If a soil sampling probe is not available a clean spade or shovel will work just fine.
I'm sure a pvc pipe will work also as long as the soil is not to hard.


----------



## g-man (Jun 15, 2017)

If you are buying something, I recommend getting a proplugger. Yes it is more expensive, but you can use it to move plugs and sample soils.


----------



## Ravenallen1971 (Jun 26, 2020)

I made myself a simple soil probe out of some scrap aluminum pipe from a jobsite. Then used an angle grinder with a cut off disc to cut out half of it to remove the cores. I plan on using it till I am able to pick up a pro plugger.

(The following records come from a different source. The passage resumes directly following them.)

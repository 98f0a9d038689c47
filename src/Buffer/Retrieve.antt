-- ===== src/Buffer/Retrieve.antt =====
-- `retrieve`, `retrieveAsString` and `peek`: what is taken from the front, and the assertion.
use learnuv.Base.{
  ℕ, ◌+◌, ◌≤◌, ◌<◌, ◌≡◌, refl, sym, ap, ◌∙◌, inl, inr, ◌++◌, arith, Bytes, length, take, drop,
  length-take, drop_all, take-append, drop-append, take-append-drop, drop-drop, ltb, if◌then◌else◌,
  Bool-cases, ltb-false→le, assertion, ok, fail,
}
use learnuv.Buffer.{Buffer, retrieve_all, retrieve, peek, retrieve_as_string, retrieve_uint32}
use learnuv.Buffer.Inv.{IsValid, contents, length-contents, readable_bytes-length}

-- The two cases of a successful `retrieve`.
pub retrieved : Buffer → ℕ → Buffer
unfolding retrieve_all
retrieved b n =
    if ltb n (length (contents b))
    then record b { reader_index = b.reader_index + n }
    else retrieve_all b

pub retrieve_ok :
    {b : Buffer} (n : ℕ) → IsValid b → n ≤ length (contents b) → retrieve b n ≡ ok (retrieved b n)
unfolding retrieve retrieved
retrieve_ok {b} n v h = ground (arith, readable_bytes-length v, length-contents v)

pub retrieved-IsValid : {b : Buffer} (n : ℕ) → IsValid b → IsValid (retrieved b n)
unfolding retrieved retrieve_all
retrieved-IsValid n v = ground (arith, length-contents v)

-- The bytes behind the first `n` stay, in both cases.
pub contents-retrieved :
    (b : Buffer) (n : ℕ) → n ≤ length (contents b) → contents (retrieved b n) ≡ drop n (contents b)
unfolding retrieved retrieve_all
contents-retrieved b n h = elim (Bool-cases (ltb n (length (contents b)))) [
  | inl more ↦
      rw more
        (sym (drop-drop b.reader_index n (b.reader_index + n) (take b.writer_index b.buffer) refl))
  | inr all ↦ rw all (sym (drop_all n (contents b) (ltb-false→le all)))
]

-- `peek` shows the contents first, and then whatever memory follows.
pub take-peek :
    {b : Buffer} (n : ℕ)
    → IsValid b
    → n ≤ length (contents b)
    → take n (peek b) ≡ take n (contents b)
unfolding peek
take-peek {b} n v h =
    ap (λ xs. take n (drop r xs)) (sym (take-append-drop w b.buffer))
    ∙ ap (take n)
        (drop-append r (take w b.buffer) (drop w b.buffer) (omega (arith, length-take w b.buffer)))
    ∙ take-append n (contents b) (drop w b.buffer) h
  where
    r : ℕ
    r = b.reader_index

    w : ℕ
    w = b.writer_index

-- On a valid buffer, `retrieve` of no more than what is readable succeeds, keeps the buffer valid
-- and drops so many bytes from the front; of more than that it fails its assertion.
pub retrieve_lem :
    {b : Buffer} (n : ℕ)
    → IsValid b
    → (n ≤ length (contents b)
        → (c : Buffer) × (retrieve b n ≡ ok c) × IsValid c × (contents c ≡ drop n (contents b)))
      × (length (contents b) < n → retrieve b n ≡ fail assertion)
unfolding retrieve
retrieve_lem {b} n v = (
  (λ h. (retrieved b n, retrieve_ok n v h, retrieved-IsValid n v, contents-retrieved b n h)),
  λ h. ground (arith, readable_bytes-length v),
)

pub retrieve_as_string_ok :
    {b : Buffer} (n : ℕ)
    → IsValid b
    → n ≤ length (contents b)
    → retrieve_as_string b n ≡ ok (take n (contents b), retrieved b n)
unfolding retrieve_as_string
retrieve_as_string_ok {b} n v h =
    ground (arith, readable_bytes-length v, take-peek n v h, retrieve_ok n v h)

-- On a valid buffer that holds at least `n` bytes, `retrieveAsString` returns exactly the oldest
-- `n` of them, and a valid buffer that holds the others.
pub retrieve_as_string_splits :
    {b : Buffer} (n : ℕ)
    → IsValid b
    → n ≤ length (contents b)
    → (s : Bytes) × (c : Buffer) × (retrieve_as_string b n ≡ ok (s, c))
      × (length s ≡ n)
      × (s ++ contents c ≡ contents b)
      × IsValid c
retrieve_as_string_splits {b} n v h = (
  take n (contents b),
  retrieved b n,
  retrieve_as_string_ok n v h,
  omega (arith, length-take n (contents b)),
  rw (contents-retrieved b n h) (take-append-drop n (contents b)),
  retrieved-IsValid n v,
)

pub retrieve_uint32_ok :
    {b : Buffer} → IsValid b → 4 ≤ length (contents b) → retrieve_uint32 b ≡ ok (retrieved b 4)
unfolding retrieve_uint32
retrieve_uint32_ok v h = retrieve_ok 4 v h

-- The memory stays as it is, and the write index does not grow: it goes back to zero when the last
-- byte is taken.
pub retrieved_memory :
    (b : Buffer) (n : ℕ)
    → ((retrieved b n).buffer ≡ b.buffer) × ((retrieved b n).writer_index ≤ b.writer_index)
unfolding retrieved retrieve_all
retrieved_memory b n = ground arith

I would think if you had some scrap copper, or metal emt you could make yourself one untill you get a suitable tool.


----------



## Ridgerunner (May 16, 2017)

A stainless steel probe makes sampling much easier than using a trowel and it makes it more likely that you'll collect the total number of samples to get a good representation of your soil. If you will be testing for micros, avoid tools/pipes containing copper and galvanized steel, etc. as it will contaminate the sample.


----------



## edixon88 (Jun 18, 2020)

g-man said:


> If you are buying something, I recommend getting a proplugger. Yes it is more expensive, but you can use it to move plugs and sample soils.


Is moving plugs something that's beneficial with fescue? I was under the impression that was generally done for grasses like bermuda & kbg, but you guys are the experts haha


----------



## ColeLawn (Nov 11, 2020)

I bought mine (12" stainless probe) on eBay for around $20.


----------



## corneliani (Apr 2, 2019)

edixon88 said:


> I'm looking at getting my first oil test done in the next week or two and don't want to use my shovel to take samples. Are there any decent cheap(<$20) options out there for probes? Everything I'm seeing is pretty pricey for something I would use for 10 min every 1-2 years. Would there be any downsides to just making one out of materials I have laying around like pvc pipe?


Your local SiteOne location should carry the 21" probe, item #006347. Ask them for the contractors price on it and you'll come out to $25. Otherwise they charge $40ish retail.

Here's the link:
https://www.siteone.com/en/006347-soil-probe-pressure-range-color-dimensions-container-type/p/3460


----------



## tam (Jun 27, 2020)

I used an apple corer because the one I had was long enough and I no longer use it for apples.


----------



## edixon88 (Jun 18, 2020)

tam said:


> I used an apple corer because the one I had was long enough and I no longer use it for apples.


Honey, why is the apple corer dirty? Oh, uhh, I forgot to wash those apples we picked before using it...


----------